12. The diffuser component in accordance with claim 1, and further comprising at least one additional flat stiffening element arranged on the at least one stiffening element.

13. The diffuser component in accordance with claim 12, wherein the at least one additional stiffening element is at least one chosen from provided with a thin metal sheet and welded or brazed to the stiffening element.

14. A gas turbine including the diffuser component in accordance with claim 1, and during operation of the gas turbine, the fluid flow is guided through the diffuser component in the direction of the combustion chamber.

Description

BRIEF DESCRIPTION OF THE DRAWINGS

(1) Further advantages and features of the present invention become apparent from the following description of exemplary embodiments shown in the figures.

(2) FIGS. 1A to 1B show schematically in different views a diffuser component known from the state of the art in a condition installed in a gas-turbine engine.

(3) FIGS. 2A to 2C show three different design variants of a diffuser component in accordance with the present invention, each in sectional view and schematically, and each having at least one stiffening element.

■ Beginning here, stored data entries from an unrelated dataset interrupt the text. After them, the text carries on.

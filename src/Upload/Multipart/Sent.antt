-- ===== src/Upload/Multipart/Sent.antt =====
-- api-put-object-multipart.go: the requests that the loop sends.
use mathlib.Core.List.{append_assoc}
use mefs_sdk_go.Prelude.{
  ℕ, zero, suc, ◌+◌, ◌≤◌, List, [], ◌∷◌, ◌++◌, ◌==◌, ltb, length, Option, none, ◌⊎◌, inl, inr, ◌≡◌,
  refl, sym, ap, ◌∙◌, arith, Bool-cases, Option-cases, Sum-cases,
}
use mefs_sdk_go.Prelude.Text.{Text}
use mefs_sdk_go.Upload.Constants.{max_part_size}
use mefs_sdk_go.Upload.Multipart.Session.{
  UploadError, part_too_large, part_number_zero, no_upload_id, CompletePart, put_part, Log, Server,
  Stream, ReadEnd, check_names, upload_part, object_part,
}
use mefs_sdk_go.Upload.Multipart.Upload.{
  Action, stop, send, send_last, fail, Progress, advanced, after_part, round, upload_loop,
}

-- The requests of parts with the given bodies, numbered one after the other.
abbrev pub put_requests : Text → ℕ → List Text → Log
put_requests upload_id number [] = []
put_requests upload_id number (b ∷ bs) =
    put_part upload_id number b ∷ put_requests upload_id (number + 1) bs

pub Action-cases :
    (a : Action) → (a ≡ stop) ⊎ (((e : Text) × (a ≡ fail e)) ⊎ ((a ≡ send) ⊎ (a ≡ send_last)))
Action-cases stop = inl refl
Action-cases (fail e) = inr (inl (e, refl))
Action-cases send = inr (inr (inl refl))
Action-cases send_last = inr (inr (inr refl))

-- `uploadPart` refuses and sends nothing, or it sends the request and reads the answer.
pub upload_part_cases :
    (server : Server) (bucket_name object_name upload_id body : Text) (number : ℕ) (log : Log)
    → ((e : UploadError) × (upload_part server bucket_name object_name upload_id body number log
          ≡ (log, inl e)))
      ⊎ (upload_part server bucket_name object_name upload_id body number log ≡ (
        log ++ put_part upload_id number body ∷ [],
        object_part server bucket_name object_name number
            (server.answer_part (log ++ put_part upload_id number body ∷ [])),
      ))
unfolding upload_part
upload_part_cases server bucket_name object_name upload_id body number log =
    elim (Option-cases (check_names bucket_name object_name)) [
      | inr (e, bad) ↦ inl (e, rw (bad, upload_part) refl)
      | inl good ↦ elim (Bool-cases (ltb max_part_size (length body))) [
        | inl large ↦ inl (part_too_large (length body), rw (good, large, upload_part) refl)
        | inr fits ↦ elim (Bool-cases (number == 0)) [
          | inl z ↦ inl (part_number_zero, rw (good, fits, z, upload_part) refl)
          | inr pos ↦ elim (Bool-cases (length upload_id == 0)) [
            | inl empty ↦ inl (no_upload_id, rw (good, fits, pos, empty, upload_part) refl)
            | inr there ↦ inr (rw (good, fits, pos, there, upload_part) refl)
          ]
        ]
      ]
    ]

-- The log has grown by at most `count` requests of parts, numbered from `number` on.
abbrev pub Sends : Text → ℕ → ℕ → Log → Log → Type 0
Sends upload_id number count log log' =
    (bs : List Text) × (log' ≡ log ++ put_requests upload_id number bs) × (length bs ≤ count)

append_nil : {A : Type 0} (l : List A) → l ++ [] ≡ l
append_nil [] = refl
append_nil (x ∷ l) = ap (λ r. x ∷ r) (append_nil l)

Sends-nothing :
    (upload_id : Text) (number count : ℕ) (log : Log) → Sends upload_id number count log log
Sends-nothing upload_id number count log = ([], sym (append_nil log), omega arith)

Sends-more :
    (upload_id body : Text) (number count : ℕ) (log log' : Log)
    → Sends upload_id (number + 1) count (log ++ put_part upload_id number body ∷ []) log'
    → Sends upload_id number (suc count) log log'
Sends-more upload_id body number count log log' (bs, e, h) =
    (body ∷ bs, e ∙ append_assoc log (put_part upload_id number body ∷ []) _, omega arith)

-- What follows the answer to a part that was read.
abbrev pub Answered : Server → Text → Text → Text → Text → ℕ → Log → Type 0
Answered server bucket_name object_name upload_id body number log =
    ((e : UploadError) × (upload_part server bucket_name object_name upload_id body number log
        ≡ (log, inl e)))
    ⊎ (((e : UploadError) × (upload_part server bucket_name object_name upload_id body number log
            ≡ (log ++ put_part upload_id number body ∷ [], inl e)))
        ⊎ ((part : CompletePart) × (upload_part server bucket_name object_name upload_id body number
                log
              ≡ (log ++ put_part upload_id number body ∷ [], inr part))))

answered :
    (server : Server) (bucket_name object_name upload_id body : Text) (number : ℕ) (log : Log)
    → Answered server bucket_name object_name upload_id body number log
answered server bucket_name object_name upload_id body number log =
    elim (upload_part_cases server bucket_name object_name upload_id body number log) [
      | inl refused ↦ inl refused
      | inr sent ↦
          elim (Sum-cases (
            object_part server bucket_name object_name number
              (server.answer_part (log ++ put_part upload_id number body ∷ [])))) [
                | inl (e, bad) ↦
                    inr (
                      inl (e, sent ∙ ap (λ r. (log ++ put_part upload_id number body ∷ [], r)) bad))
                | inr (part, good) ↦ inr (
                    inr
                      (part, sent ∙ ap (λ r. (log ++ put_part upload_id number body ∷ [], r)) good))
              ]
    ]

module _ (server : Server) (bucket_name object_name : Text) (action : ℕ → ReadEnd → Action)
    (upload_id : Text) where
  after_part-Sends :
      (p : Progress) (body : Text) (reader' : Stream)
      (next : Progress → Progress × Option (ℕ × UploadError)) (count : ℕ)
      → ((q : Progress) → Sends upload_id q.part_number count q.log (next q).0.log)
      → Sends upload_id p.part_number
          (suc count)
          p.log
          (after_part server bucket_name object_name p body reader' next
            (upload_part server bucket_name object_name upload_id body p.part_number p.log)).0.log
  unfolding after_part advanced
  after_part-Sends p body reader' next count more =
      let one =
        Sends-more upload_id body p.part_number count p.log
          (p.log ++ put_part upload_id p.part_number body ∷ [])
          (Sends-nothing upload_id (p.part_number + 1) count
            (p.log ++ put_part upload_id p.part_number body ∷ [])) in
      elim (answered server bucket_name object_name upload_id body p.part_number p.log) [
        | inl (er, refused) ↦ rw refused (Sends-nothing upload_id p.part_number (suc count) p.log)
        | inr (inl (er, bad)) ↦ rw bad one
        | inr (inr (part, good)) ↦
            rw good (Sends-more upload_id body p.part_number count p.log _ (more _))
      ]

  round-Sends :
      (p : Progress) (next : Progress → Progress × Option (ℕ × UploadError)) (count : ℕ)
      (body : Text) (end : ReadEnd) (reader' : Stream)
      → ((q : Progress) → Sends upload_id q.part_number count q.log (next q).0.log)
      → Sends upload_id p.part_number
          (suc count)
          p.log
          (round server bucket_name object_name action upload_id p next (body, end, reader')).0.log
  unfolding round
  round-Sends p next count body end reader' more = elim (Action-cases (action p.part_number end)) [
    | inl e ↦ rw (e, round) (Sends-nothing upload_id p.part_number (suc count) p.log)
    | inr (inl (msg, e)) ↦ rw (e, round) (Sends-nothing upload_id p.part_number (suc count) p.log)
    | inr (inr (inl e)) ↦ rw (e, round) (after_part-Sends p body reader' next count more)
    | inr (inr (inr e)) ↦
        rw (e, round)
          (after_part-Sends p body reader' (λ q. (q, none)) count
            (λ q. Sends-nothing upload_id q.part_number count q.log))
  ]

  -- The loop sends at most as many parts as it has rounds.
  pub upload_loop-Sends :
      (part_size count : ℕ) (p : Progress)
      → Sends upload_id p.part_number count p.log
          (upload_loop server bucket_name object_name action upload_id part_size count p).0.log
  unfolding upload_loop
  upload_loop-Sends part_size zero p = Sends-nothing upload_id p.part_number 0 p.log
  upload_loop-Sends part_size (suc count) p =
      round-Sends p _ count _ _ _ (upload_loop-Sends part_size count)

(4) FIGS. 3A to 3H show, in top view each, a diffuser wall of a diffuser component in accordance with the present invention having differently designed stiffening elements, each of them being provided on an outer side of the diffuser wall.

(5) FIG. 4A shows in a view matching the FIGS. 2A to 2C a further design variant of a diffuser component in accordance with the present invention, where several flat stiffening elements are provided locally and additionally on a first lattice-type stiffening structure.

(6) FIG. 4B shows in top view the lattice-type stiffening structure of FIG. 4A with two additional flat stiffening elements arranged on said stiffening structure.

DETAILED DESCRIPTION

(7) FIGS. 1A and 1B each show in a sectional view a diffuser component known from the state of the art in the form of a diffuser 6 in a gas-turbine engine. FIG. 1A illustrates schematically in a sectional view the installation situation of the diffuser 6, while FIG. 1B shows an enlarged view of this installation situation. The diffuser 6, designed here as an axial diffuser, is arranged downstream of a compressor rotor stage of the gas-turbine engine and guides an airflow coming from the latter in the direction of a combustion chamber 10 of the gas-turbine engine. FIG. 1A shows here in particular a compressor casing 1, an outlet guide vane 7, the diffuser 6 and parts of the casing of the combustion chamber 10, which are arranged one behind the other along an engine axis M. A compressor rotor disk 4 with compressor rotor hub 3 and compressor rotor 2 is rotatably mounted inside the compressor casing 1. These components form here parts of a high-pressure compressor via which a fluid flow is guided in the direction of an outlet guide vane 7. The fluid flow generated passes here via a gap 5 between the compressor rotor 2 and the outlet guide vane 7 into a casing section for the outlet guide vane 7. The outlet guide vane 7 used to direct the fluid flow is here enclosed between outlet guide vane outer walls 12.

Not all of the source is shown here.